Uma das saídas tem sido utilizar o Instagram e demais redes sociais para divulgar o conteúdo produzido e tentar fechar trabalhos. “Por lá (redes) que fortalecemos os laços e deixamos acesa a chama do "já já a gente se encontra”, comentou. Apesar da reabertura, Ytalo acredita que poucos artistas se arriscarão em uma retomada. Ele também diz que a busca por lives diminuiu bastante.

Com o Dia das Crianças se aproximando, o professor diz que alguns telefonemas já foram feitos, mas nada com o ritmo de antes. Sobre os trabalhos de Natal, a realidade é ainda mais escassa. “O Natal é uma época que eu trabalho bastante como produtor do grupo. Porém, até o momento, só apareceram dois eventos para outubro. As empresas privadas do setor cultural ainda estão se restabelecendo”, acrescentou.
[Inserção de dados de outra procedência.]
-- ===== src/Zktrie/Sparse/Laws.antt =====
-- What `put` and `get_node` of src/common/zktrie/src/sparse_merkle_trie.rs promise together.
use mathlib.Core.Path.{subst}
use linea_sgx_prover.Prelude.{Option, some, ◌≡◌, ◌≢◌, refl, sym, ◌∙◌, arith, length, List}
use linea_sgx_prover.Prelude.Results.{Result, ok, err, panic}
use linea_sgx_prover.Prelude.Exec.{Exec, ◌>>=◌}
use linea_sgx_prover.Bytes.{Bytes}
use linea_sgx_prover.Zktrie.Types.{Env, Node, Error}
use linea_sgx_prover.Zktrie.Node.{value}
use linea_sgx_prover.Zktrie.Database.{Database, IsLawful}
use linea_sgx_prover.Zktrie.Sparse.{
  SpareMerkleTrie, get_node, put, levels, add_leaf, on_db, set_root,
}
use linea_sgx_prover.Zktrie.Sparse.Tree.{Tree, tree_hash, tree_get, tree_put, path_nodes}
use linea_sgx_prover.Zktrie.Sparse.Tree.Reads.{IsPath, tree_get-put_self, tree_get-put_ne}
use linea_sgx_prover.Zktrie.Sparse.Refine.{Held, get_from-tree_get}
use linea_sgx_prover.Zktrie.Sparse.Refine.Calls.{write_all, Agrees, hash-node_of}
use linea_sgx_prover.Zktrie.Sparse.Refine.Update.{add_leaf-Agrees}
use linea_sgx_prover.Zktrie.Sparse.Refine.Fresh.{IsFresh}
use linea_sgx_prover.Zktrie.Sparse.Refine.Partial.{tree_put-Held}

-- The trie whose root is the tree's.
abbrev pub rooted : Tree → SpareMerkleTrie
rooted t = record { root_hash = tree_hash t }

module _ {D : Type 0} (db : Database D) where
  -- How an update ends: as the update of the tree, with the new root, after writing the nodes that
  -- were made; an error changes neither the trie nor the database.
  abbrev pub Ends :
      (Tree → List Node)
      → SpareMerkleTrie × D
      → Result Error Tree
      → Result Error (Unit {0}) × (SpareMerkleTrie × D)
      → Type 0
  Ends made (trie, s) (ok t) out = out ≡ (ok tt, (rooted t, write_all db (made t) s))
  Ends made ts (err e) out = out ≡ (err e, ts)
  Ends made ts panic out = out.0 ≡ panic

  -- Where the database holds the nodes of the tree on a path, `get_node` reads on this path what the
  -- tree says, on every outcome.
  pub get_node-tree_get :
      (path : Bytes) (t : Tree) (s : D)
      → Held db s path t
      → get_node db (rooted t) path s ≡ tree_get levels path t
  unfolding get_node
  get_node-tree_get path t s st = get_from-tree_get db levels 0 path path t s st refl (omega arith)

  module _ (law : IsLawful db) (env : Env) where
    unfoldable pub finish : Exec D Error Node → Exec (SpareMerkleTrie × D) Error (Unit {0})
    finish call ts = (do root ← on_db db env call; set_root db env root.hash) ts

    pub finish_end :
        (made : Tree → List Node) (r : Result Error Tree) (call : Exec D Error Node)
        (trie : SpareMerkleTrie) (s : D)
        → Agrees db s made r (call s)
        → Ends made (trie, s) r (finish call (trie, s))
    unfolding finish
    finish_end made (ok t) call trie s agrees = rw (agrees, hash-node_of t) refl
    finish_end made (err e) call trie s agrees = rw agrees
    finish_end made panic call trie s agrees = rw agrees

    -- Where a lawful database holds the nodes of the tree on a path, `put` ends as the update of the
    -- tree does: a success has its root and has written the nodes of its path, tip first, an error
    -- has changed nothing, and a panic is a panic.
    pub put-tree_put :
        (path v : Bytes) (t : Tree) (s : D)
        → Held db s path t
        → Ends
            (path_nodes path)
            (rooted t, s)
            (tree_put env levels path v t)
            (put db env path v (rooted t, s))
    unfolding put finish
    put-tree_put path v t s st =
        finish_end (path_nodes path) (tree_put env levels path v t)
          (add_leaf db env levels 0 (tree_hash t) path v) (rooted t) s
          (add_leaf-Agrees db law env levels 0 path path v t s st refl (omega arith))

    pub put-ok :
        (path v : Bytes) (t : Tree) {t' : Tree} (s : D)
        → Held db s path t
        → tree_put env levels path v t ≡ ok t'
        → put db env path v (rooted t, s)
          ≡ (ok tt, (rooted t', write_all db (path_nodes path t') s))
    put-ok path v t {t'} s st h =
        subst (λ r. Ends (path_nodes path) (rooted t, s) r (put db env path v (rooted t, s))) h
          (put-tree_put path v t s st)

    -- If the database holds the nodes of the tree on the path, the tree's update succeeds and its
    -- writes replace no other node, then `put` succeeds, and in the trie and the database that it
    -- leaves `get_node` finds on the same path a leaf with the value that was put.
    pub get_node-put_self :
        (path v : Bytes) (t : Tree) {t' : Tree} (s : D)
        → Held db s path t
        → tree_put env levels path v t ≡ ok t'
        → IsFresh db (path_nodes path t') s
        → (after : SpareMerkleTrie × D) × (n : Node) × (put db env path v (rooted t, s)
            ≡ (ok tt, after))
          × (get_node db after.0 path after.1 ≡ ok (some n))
          × (value n.raw ≡ some v)
    get_node-put_self path v t {t'} s st h fresh =
        let s' = write_all db (path_nodes path t') s in
        let (n, found, holds) = tree_get-put_self env levels path v t h in
        let st' = tree_put-Held db law env levels path v t s path st h fresh in
        (
          (rooted t', s'),
          n,
          put-ok path v t s st h,
          get_node-tree_get path t' s' st' ∙ found,
          holds,
        )

    -- If the database holds the nodes of the tree on two leaf paths of the same length, the tree's
    -- update of the one succeeds and its writes replace no other node, then `put` succeeds and
    -- changes no successful `get_node` of the other.
    pub get_node-put_ne :
        (path other v : Bytes) (t : Tree) {t' : Tree} (s : D) {found : Option Node}
        → Held db s path t
        → Held db s other t
        → tree_put env levels path v t ≡ ok t'
        → IsFresh db (path_nodes path t') s
        → IsPath path
        → IsPath other
        → length other ≡ length path
        → other ≢ path
        → get_node db (rooted t) other s ≡ ok found
        → (after : SpareMerkleTrie × D) × (put db env path v (rooted t, s) ≡ (ok tt, after))
          × (get_node db after.0 other after.1 ≡ ok found)
    get_node-put_ne path other v t {t'} s st beside h fresh pp po size ne before =
        let s' = write_all db (path_nodes path t') s in
        let st' = tree_put-Held db law env levels path v t s other beside h fresh in
        let old = sym (get_node-tree_get other t s beside) ∙ before in
        (
          (rooted t', s'),
          put-ok path v t s st h,
          get_node-tree_get other t' s' st'
              ∙ tree_get-put_ne env levels path other v t h old pp po size ne,
        )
No entanto, além do financeiro, uma outra queixa disputa a urgência do artista: a saudade do público. “Quando a gente prepara um espetáculo, uma apresentação, uma sessão de histórias, a gente tem o cuidado muito grande com o nosso público. O olho no olho, o abraço, as palmas. Então, essa ausência do calor humano chega a ser angustiante. A saudade do palco dói”, disse o artista.

Marília Maia, diretora geral da academia onde Ytalo trabalha, também comentou que, apesar dos espetáculos de natal serem uma grande contratação da escola nos fins de ano, ela não espera fechar trabalhos para o natal de 2020.

O LeiaJá também entrou em contato com as assessorias dos shoppings Recife e RioMar, os dois maiores da Região Metropolitana, e populares pelos eventos de chegada do Papai Noel e solenidade de Natal. Os centros comerciais seguem em negociação com as agências de eventos, e ainda não têm informações concretas à imprensa ou ao público. Porém, ambos confirmaram a celebração natalina deste ano, e os detalhes devem ser divulgados no começo de novembro. A assessoria do Shopping RioMar ainda mencionou a produção de uma coletiva de imprensa, que divulgará o protocolo de medidas para a solenidade.